In this paper, first, we give upper and lower bounds to the broadcast domination number of lexicographic product G • H of a connected graph G and a graph H, in terms of ${\gamma }_b(G).$ We find ${\gamma }_b(C_m$ • $K_n),{\gamma }_b(P_m$ • $K_n),{\gamma }_b(K_n$ • $C_m),{\gamma }_b(K_n$ • $P_m)$ and ${\gamma }_b(G$ • $H),$ where G is either a hypercube graph or radial graph and H is any graph with ${\gamma }_b(H)\ge 2.$ We show that these graphs attain either the lower or the upper bound. Further, we give an algorithm which produces a DBL of G • H. We give a lower bound for ${\gamma }_b(P_m$ • $H)$ and ${\gamma }_b(C_m$ • $H),$ and prove that the DBL produced by the algorithm achieves the lower bound. Later, we show that ${\gamma }_b(G\diamond H)$ is at most 3 for any two connected non-complete graphs G and H, and prove that ${\gamma }_b(K_m\diamond H)={\gamma }_b(H).$ Also, we determine the exact values of the broadcast domination numbers of the modular products of graphs involving P_n, C_n and K_n. All the graphs considered in this article are simple and non-trivial.

2. Lexicographic product

We denote the vertex $(u_i,v_j)$ of the product as $x_{i,j}.$ There are $|V(G)|$ number of copies of H, the copy corresponding to the vertex u_i is H_i, and the vertex $x_{i,j}$ belongs to H_i.

Theorem 2.1.

For any connected graph G and a graph H, ${\gamma }_b(G)\le {\gamma }_b(G$ • $H)\le {\gamma }_b(G)+\min \{\left|\right\{u\in V_f^{+}(G):f(u)=1\left\}\right|:$ f is an optimal dominating broadcast labeling of $G\}.$

Proof.

Let f be an ODBL of G • H. Now, we define a broadcast labeling g of G as $$g(u_i)=\underset{j}{\max }f(x_{i,j}).$$

Then, g is a DBL of G with $\sigma (g)\le {\gamma }_b(G$ • $H)$ and we get the first inequality.

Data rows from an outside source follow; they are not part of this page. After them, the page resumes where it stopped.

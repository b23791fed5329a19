-- ===== src/Clients/Gate.antt =====
-- operator_api.py, `require_operator`: the checks in front of every view of the operator API.
use openleg.Prelude.Text.{Text}
use openleg.Prelude.{
  ℕ, ◌<◌, ◌==◌, ◌≡◌, ◌↔◌, refl, sym, ◌∙◌, ap, true, false, not, ◌&&◌, Option, none, some, List, [],
  ◌∷◌, any, find, update, ◌≢◌, if◌then◌else◌, Result, ok, err, arith, inl, inr, Bool-cases,
}
use mathlib.Core.Path.{subst}
use openleg.Clients.{
  Client, Db, is_client, revoked, revoke_client, usage_count, get_client_by_token_hash,
  record_usage, claim_usage,
}

-- The statuses of the refusals: 401 twice, 404, 403 and 429.
pub data Refusal : Type 0 where
  authentication_required invalid_credential not_found capability_denied rate_limited : Refusal

-- The token is that of the Authorization header, where it is a bearer token, by its hash. The view
-- gets the client; a refusal may not be told apart by what it stored, so the tables come with it.
unfoldable pub admit : ℕ → ℕ → Text → ℕ → Client → Db → Result Refusal Client × Db
unfolding claim_usage
admit capability community_id path now c db =
    if not (c.community_id == community_id)
    then (err Refusal.not_found, db)
    else if not (any (λ x. x == capability) c.capabilities)
    then (err Refusal.capability_denied, db)
    else let request = claim_usage c.id path c.rate_limit_per_hour now db in
      (if request.0 then ok c else err Refusal.rate_limited, request.1)

unfoldable pub by_client : ℕ → ℕ → Text → ℕ → Option Client → Db → Result Refusal Client × Db
unfolding admit
by_client capability community_id path now none db = (err Refusal.invalid_credential, db)
by_client capability community_id path now (some c) db = admit capability community_id path now c db

unfoldable pub require_operator : ℕ → Option ℕ → ℕ → Text → ℕ → Db → Result Refusal Client × Db
unfolding by_client get_client_by_token_hash
require_operator capability none community_id path now db =
    (err Refusal.authentication_required, db)
require_operator capability (some token_hash) community_id path now db =
    by_client capability community_id path now (get_client_by_token_hash token_hash db) db

-- What a request needs.
abbrev pub Admitted : ℕ → Option ℕ → ℕ → ℕ → Client → Db → Type 0
Admitted capability token community_id now c db =
    (token_hash : ℕ) × (token ≡ some token_hash)
    × (get_client_by_token_hash token_hash db ≡ some c)
    × (c.community_id ≡ community_id)
    × (any (λ x. x == capability) c.capabilities ≡ true)
    × (usage_count c.id now db < c.rate_limit_per_hour)

admit-admits :
    (capability community_id : ℕ) (path : Text) (now : ℕ) (x c : Client) (db : Db)
    → (admit capability community_id path now x db).0 ≡ ok c
    → (x ≡ c)
      × (x.community_id ≡ community_id)
      × (any (λ a. a == capability) x.capabilities ≡ true)
      × (usage_count x.id now db < x.rate_limit_per_hour)
      × ((admit capability community_id path now x db).1 ≡ record_usage x.id path now db)
unfolding admit claim_usage
admit-admits capability community_id path now x c db h =
    elim (Bool-cases (any (λ a. a == capability) x.capabilities)) [
      | inl e ↦ ground arith
      | inr e ↦ ground arith
    ]

admits-admit :
    (capability community_id : ℕ) (path : Text) (now : ℕ) (c : Client) (db : Db)
    → c.community_id ≡ community_id
    → any (λ a. a == capability) c.capabilities ≡ true
    → usage_count c.id now db < c.rate_limit_per_hour
    → (admit capability community_id path now c db).0 ≡ ok c
unfolding admit claim_usage
admits-admit capability community_id path now c db e a u = ground arith

refused-unchanged :
    (capability community_id : ℕ) (path : Text) (now : ℕ) (c : Client) (db : Db) {r : Refusal}
    → (admit capability community_id path now c db).0 ≡ err r
    → (admit capability community_id path now c db).1 ≡ db
unfolding admit claim_usage
refused-unchanged capability community_id path now c db h = ground arith

by_client-admits :
    (capability community_id : ℕ) (path : Text) (now : ℕ) (x : Option Client) (c : Client) (db : Db)
    → (by_client capability community_id path now x db).0 ≡ ok c
    → (x ≡ some c)
      × (c.community_id ≡ community_id)
      × (any (λ a. a == capability) c.capabilities ≡ true)
      × (usage_count c.id now db < c.rate_limit_per_hour)
      × ((by_client capability community_id path now x db).1 ≡ record_usage c.id path now db)
unfolding by_client
by_client-admits capability community_id path now none c db h = cc
by_client-admits capability community_id path now (some x) c db h =
    let (same, e, a, u, r) = admit-admits capability community_id path now x c db h in
    (
      ap some same,
      ap (λ (y : Client). y.community_id) (sym same) ∙ e,
      ap (λ (y : Client). any (λ a. a == capability) y.capabilities) (sym same) ∙ a,
      subst (λ (y : Client). usage_count y.id now db < y.rate_limit_per_hour) same u,
      r ∙ ap (λ (y : Client). record_usage y.id path now db) same,
    )

by_client-refused :
    (capability community_id : ℕ) (path : Text) (now : ℕ) (x : Option Client) (db : Db)
    {r : Refusal}
    → (by_client capability community_id path now x db).0 ≡ err r
    → (by_client capability community_id path now x db).1 ≡ db
unfolding by_client
by_client-refused capability community_id path now none db h = refl
by_client-refused capability community_id path now (some x) db h =
    refused-unchanged capability community_id path now x db h

-- A request is answered for a client exactly if it bears the token of an active client of the
-- community that has the capability and requests left in this hour. It is then counted, and a
-- request that is refused changes nothing.
pub require_operator-admits :
    (capability : ℕ) (token : Option ℕ) (community_id : ℕ) (path : Text) (now : ℕ) (db : Db)
    → let answer = require_operator capability token community_id path now db in
      ((c : Client) → (answer.0 ≡ ok c) ↔ Admitted capability token community_id now c db)
      × ((c : Client) → answer.0 ≡ ok c → answer.1 ≡ record_usage c.id path now db)
      × ((r : Refusal) → answer.0 ≡ err r → answer.1 ≡ db)
unfolding require_operator by_client
require_operator-admits capability none community_id path now db =
    (λ c. (λ h. cc, λ (t, e, f, g, a, u). cc), λ c h. cc, λ r h. refl)
require_operator-admits capability (some token) community_id path now db =
    let found = get_client_by_token_hash token db in
    (
      λ c. (
        λ h.
            let (f, e, a, u, s) = by_client-admits capability community_id path now found c db h in
            (token, refl, f, e, a, u),
        λ (t, e, f, g, a, u).
            let same : found ≡ some c = ground arith in
            subst (λ x. (by_client capability community_id path now x db).0 ≡ ok c) (sym same)
              (admits-admit capability community_id path now c db g a u),
      ),
      λ c h. (by_client-admits capability community_id path now found c db h).4,
      λ r h. by_client-refused capability community_id path now found db h,
    )

find-revoked :
    (token_hash community_id client_id now : ℕ) (cs : List Client) {c : Client}
    → find
        (λ x. (x.token_hash == token_hash) && x.active)
        (update (is_client community_id client_id) (revoked now) cs)
      ≡ some c
    → (c.id == client_id) && (c.community_id == community_id) ≡ false
find-revoked token_hash community_id client_id now [] h = cc
find-revoked token_hash community_id client_id now (x ∷ xs) {c} h =
    elim (Bool-cases (is_client community_id client_id x)) [
      | inl e ↦ find-revoked token_hash community_id client_id now xs {c = c} (ground arith)
      | inr e ↦ elim (Bool-cases ((x.token_hash == token_hash) && x.active)) [
        | inl t ↦ let same : x ≡ c = ground arith in rw same at e
        | inr t ↦ find-revoked token_hash community_id client_id now xs {c = c} (ground arith)
      ]
    ]

-- Right after a credential of a community is revoked, no request to the community is answered for
-- that client, whatever token it bears.
pub revoke_client-refused :
    (community_id client_id t capability : ℕ) (token : Option ℕ) (path : Text) (now : ℕ) (db : Db)
    (c : Client)
    → let after = (revoke_client community_id client_id t db).1 in
      (require_operator capability token community_id path now after).0 ≡ ok c → c.id ≢ client_id
unfolding revoke_client get_client_by_token_hash
revoke_client-refused community_id client_id t capability token path now db c h same =
    let after = (revoke_client community_id client_id t db).1 in
    let (token_hash, e, f, g, a, u) =
      ((require_operator-admits capability token community_id path now after).0 c).0 h in
    let other = find-revoked token_hash community_id client_id t db.clients f in ground arith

Let $f^{\prime }$ be an ODBL of G. Then, the broadcast labeling $g^{\prime }$ of G • H defined as $$g^{\prime }(x_{i,j})=\{\begin{array}{cc}{f}^{\prime }(u_i)+1\hfill & if{f}^{\prime }(u_i)=1\mathit{and}j=1,\hfill \\ f^{\prime }(u_i)\hfill & if{f}^{\prime }(u_i)\ge 2\mathit{and}j=1,\hfill \\ 0\hfill & \mathit{otherwise},\hfill \end{array}$$ is a DBL of G • H with $\sigma (g^{\prime })={\gamma }_b(G)+\left|\right\{u\in V_{f^{\prime }}^{+}(G):f^{\prime }(u)=1\left\}\right|.$ Hence, we have the second inequality.□

Corollary 2.2.

Let G be a connected graph and H be any graph. If G has an optimal dominating broadcast labeling in which each broadcast vertex receives cost more than 1, then ${\gamma }_b(G$ • $H)={\gamma }_b(G).$

Proposition 2.3.

Let G be a connected graph and H be any graph with ${\gamma }_b(H)=1$. Then ${\gamma }_b(G$ • $H)={\gamma }_b(G).$

Proof.

Let f be an ODBL of G and v_t be a central vertex of H. Then, the broadcast g defined as $$g(x_{i,j})=\{\begin{array}{cc}f(u_i)\hfill & ifj=t,\hfill \\ 0\hfill & \mathit{otherwise},\hfill \end{array}$$ is a DBL of G • H of cost ${\gamma }_b(G).$ Hence, the result follows from Theorem 2.1.□

Remark 2.4.

Corollary 2.2 and Proposition 2.3 allow us to construct a bigger Type I graph (i.e. $G$ • $H)$ from a given Type I graph (i.e. $G$). Also using Proposition 2.3, one can construct a bigger Type II/Type III graph (i.e. $G$ • $H)$ from a given Type II/Type III graph (i.e. $G$), respectively.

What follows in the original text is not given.